VHF (2 meter) and UHF (70 centimeter) bands can reach pretty far. The higher the wattage, the longer they can go IF AND ONLY IF the target is not blocked by obstructions like a planet. Earth's curvature prevents you from reaching out more than a few miles unless you and/or the person you're trying to talk to is elevated significantly. You can get a mobile unit that will put out 100-200W in both VHF and UHF for a few hundred dollars and with an amateur Technician license (pretty easy to get), you can legally use it.

What you could do is set up a private repeater or a series of repeaters (perfectly legal) between your two locations to extend your range. There are mobile radios that can act as repeaters, too.


----------



## dademoss (Aug 6, 2011)

zombieresponder said:


> Near Vertical Incidence Skywave........ Applicable only to HF though. http://www.qsl.net/wb5ude/nvis/


+1

The right antenna is crucial, as is the right frequency choice.

Ohio ARES just completed an exercise, and it was the only way to talk to from Cincinnati to Columbus without a repeatervract:


----------



## zimmy (Aug 17, 2012)

*Vehicle radio*



sgtusmc98 said:


> Didn't mean to send it yet, this is my radio that I like a lot but haven't used 6m or 10m so I can't vouch for it there.
> 
> http://www.amazon.com/gp/aw/d/B00KG...s=tyt+9800&dpPl=1&dpID=41OMy5T4UyL&ref=plSrch


Yes the TYT is a very nice radio for the money, I bought the same radio but only the single band 2 meter vhf version.


----------



## zimmy (Aug 17, 2012)

*Vehicle radio*



Shammua said:


> So let's assume all licensing is taken care of.
> Let's assume that cost needs to stay under $2,000 for one vehicle setup.
> It runs off the power of the car (2000 Saturn)
> Now to the questions:
> ...


You might want to consider a CB radio modified for "Freeband" operation with a 100 watt linear amplifier and a stainless steel 105" whip antenna. This equipment would be illegal but in a SHTF situation the communications would be reliable because "Freeband" is quiet above and below CB channels 1 & 40. You could also get your General ham ticket and operate legally on 10 meter with power. 50 miles would be difficult at best but this might be the best you could do without a repeater. https://radiofreeq.wordpress.com/2013/07/01/survivalist-ssb-cb-freeband-channel-frequency-list/


----------



## jeffreyclay (Jun 17, 2011)

dademoss said:


> +1
> 
> The right antenna is crucial, as is the right frequency choice.
> 
> Ohio ARES just completed an exercise, and it was the only way to talk to from Cincinnati to Columbus without a repeatervract:


I saw the announcement for that test. I even had my rig tuned to the 20 meter frequency listed for the entire test. Never heard a peep. In my part of Virginia we have rolling hills and small mountains. 10 meter would be what I'd try first. As some of the other posters have said, at 50 miles it's pretty much a crap shoot for anything mobile.:ditto:


----------



## Shammua (Jan 27, 2012)

I have been learning a lot about HAM and have since made these conclusions for my original post.

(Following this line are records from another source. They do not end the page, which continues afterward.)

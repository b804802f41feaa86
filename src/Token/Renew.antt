-- ===== src/Token/Renew.antt =====
-- The refresh grant and the endpoint as a whole: src/cimd_proxy/token.py.
use cimd_proxy.Prelude.{
  String, ◌<>◌, ◌≡◌, refl, sym, ap, ◌∙◌, ◌⊎◌, inl, inr, Option, none, some, List, [], ◌∷◌, or_else,
  is_truthy, if◌then◌else◌, rstrip_slash, rstrip,
}
use cimd_proxy.Prelude.Dict.{Dict}
use cimd_proxy.Errors.{Result, ok, ok-injective}
use cimd_proxy.Effects.{World, run, sent, Prog, ◌>>=◌, lift, attempt, Request, form}
use cimd_proxy.Effects.Laws.{run-attempt, run-lift, sent-lift}
use cimd_proxy.Effects.Silent.{sent_behind, sent-attempt, sent_behind_ok}
use cimd_proxy.Platform.{Platform}
use cimd_proxy.Config.{ProxyConfig, ResourceEntry, resource_by_url}
use cimd_proxy.Envelope.{RefreshEnvelope, payload, refresh}
use cimd_proxy.Codec.{EnvelopeCodec, open_refresh}
use cimd_proxy.Codec.Silent.{open_refresh_silent}
use cimd_proxy.Http.{HttpResponse, token_url}
use cimd_proxy.Token.{
  opened, configured, post, post_form, refresh_form, handle_refresh, finalise_upstream_response,
  need,
}
use cimd_proxy.Token.Finalise.{finalise_silent}
use cimd_proxy.Token.Parts.{opened_sound, opened_silent, posted}
use cimd_proxy.Platform.{IsLawful, ReadsBack}
use cimd_proxy.Json.{object, str}
use cimd_proxy.Codec.{pack}
use cimd_proxy.Codec.RoundTrip.{open_refresh-pack}

module _ (P : Platform) (codec : EnvelopeCodec) (config : ProxyConfig) (w : World) where
  -- What a renewed token rests on.
  pub record IsRenewal (refresh_token scope : Option String) (q : Request) : Type 0 where
    pub token : String
    pub envelope : RefreshEnvelope
    pub entry : ResourceEntry
    pub given : refresh_token ≡ some token
    pub opens : run w (open_refresh P codec token) ≡ ok envelope
    pub resource : resource_by_url config envelope.resource ≡ ok (some entry)
    pub request :
        q ≡ post (token_url entry.issuer) (refresh_form P codec config envelope entry scope)

  -- Nothing is sent, or one request that renews the token.
  pub Renews : (refresh_token scope : Option String) → List Request → Type 0
  Renews refresh_token scope qs =
      (qs ≡ []) ⊎ ((q : Request) × (qs ≡ q ∷ []) × IsRenewal refresh_token scope q)

  -- The part of `handle_refresh` behind the opened envelope.
  abbrev renew : RefreshEnvelope → Option String → Prog HttpResponse
  renew e scope = lift (resource_by_url config e.resource) >>= λ found.
      configured e.resource "refresh" found >>= λ entry.
      post_form (token_url entry.issuer) (refresh_form P codec config e entry scope) >>= λ r.
      finalise_upstream_response P codec r entry.url

  renew_found :
      (t : String) (scope : Option String) (e : RefreshEnvelope) (found : Option ResourceEntry)
      → run w (open_refresh P codec t) ≡ ok e
      → resource_by_url config e.resource ≡ ok found
      → Renews (some t) scope (
          sent w (
            configured e.resource "refresh" found >>= λ entry.
            post_form (token_url entry.issuer) (refresh_form P codec config e entry scope) >>= λ r.
            finalise_upstream_response P codec r entry.url))
  unfolding Renews configured
  renew_found t scope e none opens resource = inl refl
  renew_found t scope e (some entry) opens resource = inr (
    post (token_url entry.issuer) (refresh_form P codec config e entry scope),
    posted w (token_url entry.issuer) (refresh_form P codec config e entry scope) _
        (λ r. finalise_silent P codec w r entry.url),
    record {
      token = t;
      envelope = e;
      entry = entry;
      given = refl;
      opens = opens;
      resource = resource;
      request = refl;
    },
  )

  renew-sent :
      (t : String) (scope : Option String) (result : Result RefreshEnvelope)
      → run w (open_refresh P codec t) ≡ result
      → Renews (some t) scope (
          sent w
            (opened (λ m. "refresh_token envelope invalid: " <> m) result >>= λ e. renew e scope))
  unfolding Renews
  renew-sent t scope result opens =
      let taken = opened (λ m. "refresh_token envelope invalid: " <> m) result in
      elim (sent_behind w taken (λ e. renew e scope) (opened_silent w _ result)) [
        | inl over ↦ inl over
        | inr (e, is, there) ↦
            elim (sent_behind w (lift (resource_by_url config e.resource)) _
              (sent-lift w (resource_by_url config e.resource))) [
                | inl over ↦ inl (there ∙ over)
                | inr (found, got, there') ↦
                    rw (there, there')
                      (renew_found t scope e found (opens ∙ opened_sound w _ result e is)
                        (sym (run-lift w (resource_by_url config e.resource)) ∙ got))
              ]
      ]

  -- `/token` sends at most one request for a refresh token, and only after the token has opened and
  -- its resource is configured. That request carries the upstream's own token to the token endpoint
  -- of the resource's issuer.
  pub handle_refresh-sent :
      (refresh_token scope : Option String)
      → Renews refresh_token scope (sent w (handle_refresh P codec config refresh_token scope))
  unfolding Renews handle_refresh need
  handle_refresh-sent none scope = inl refl
  handle_refresh-sent (some t) scope =
      let silent = sent-attempt w (open_refresh P codec t) ∙ open_refresh_silent P codec w t in
      elim (sent_behind w (attempt (open_refresh P codec t)) _ silent) [
        | inl over ↦ inl over
        | inr (result, is, there) ↦ rw there (
            renew-sent t scope result
              (ok-injective (sym (run-attempt w (open_refresh P codec t)) ∙ is)))
      ]

  -- Where the platform is lawful and the envelope's JSON reads back, a refresh token that the proxy
  -- has sealed on an upstream token for a configured resource is accepted at any later
  -- time: the one request is a refresh with the upstream's own token, the credentials of the
  -- resource and the given scope, at the token endpoint of the resource's issuer.
  pub handle_refresh-pack :
      IsLawful P
      → (e : RefreshEnvelope) (upstream_token : String)
      → e.upstream_refresh_token ≡ str upstream_token
      → (entry : ResourceEntry) (scope : Option String) → ReadsBack P (object (payload (refresh e)))
      → (w' : World) (t : String) → run w' (pack P codec (refresh e)) ≡ ok t
      → resource_by_url config e.resource ≡ ok (some entry)
      → sent w (handle_refresh P codec config (some t) scope)
        ≡ record {
          method = "POST";
          url = rstrip_slash entry.issuer <> "/protocol/openid-connect/token";
          headers = ("Accept", "application/json") ∷ [];
          sni_hostname = none;
          body = form (
              ("grant_type", "refresh_token")
              ∷ ("refresh_token", upstream_token)
              ∷ ("client_id", entry.client_id)
              ∷ (let scoped : Dict String =
                    if is_truthy (or_else scope "") then ("scope", or_else scope "") ∷ [] else [] in
                  if is_truthy entry.client_secret
                  then ("client_secret", entry.client_secret) ∷ scoped
                  else scoped));
        }
          ∷ []
  unfolding handle_refresh need opened configured token_url rstrip
  handle_refresh-pack lawful e upstream_token is entry scope reads w' t made known =
      let opens : run w (open_refresh P codec t) ≡ ok e =
        open_refresh-pack P lawful codec e reads w' w t made in
      let silent = sent-attempt w (open_refresh P codec t) ∙ open_refresh_silent P codec w t in
      sent_behind_ok w (attempt (open_refresh P codec t)) _ silent
        (run-attempt w (open_refresh P codec t) ∙ ap ok opens)
      ∙ sent_behind_ok w (lift (resource_by_url config e.resource)) _
          (sent-lift w (resource_by_url config e.resource))
          (run-lift w (resource_by_url config e.resource) ∙ known)
      ∙ posted w (token_url entry.issuer) (refresh_form P codec config e entry scope) _
          (λ r. finalise_silent P codec w r entry.url)
      ∙ rw (is, lawful.form_values-str upstream_token) refl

my multifunction I was wanting is best expressed in the Yaesu Ft-8900R, it is a quad band, repeater, and can do up to 50 watts on the higher bands.
As was stated and I now understand better that if I needed to really reach out a distance like 50 miles without hitting a repeater, then I need to have packed and be ready to stop and setup an antenna that would be likely to get high enough to help with line of sight type issues. (hope that makes sense) Same goes for 20 miles or across a densely populated area.

I'm actually down to making the purchases and getting off my rear end and taking my tests for HAM so I can use these legally and have the actual experience before the SHTF.


----------



## bacpacker (Jul 15, 2011)

Check out the Yeast FT857. IMO it is a more capable radio. Covers all out 70cM, 2 &6 meters, plus the full HF spectrum. Size wise it is perfectly suited for mobile use.


----------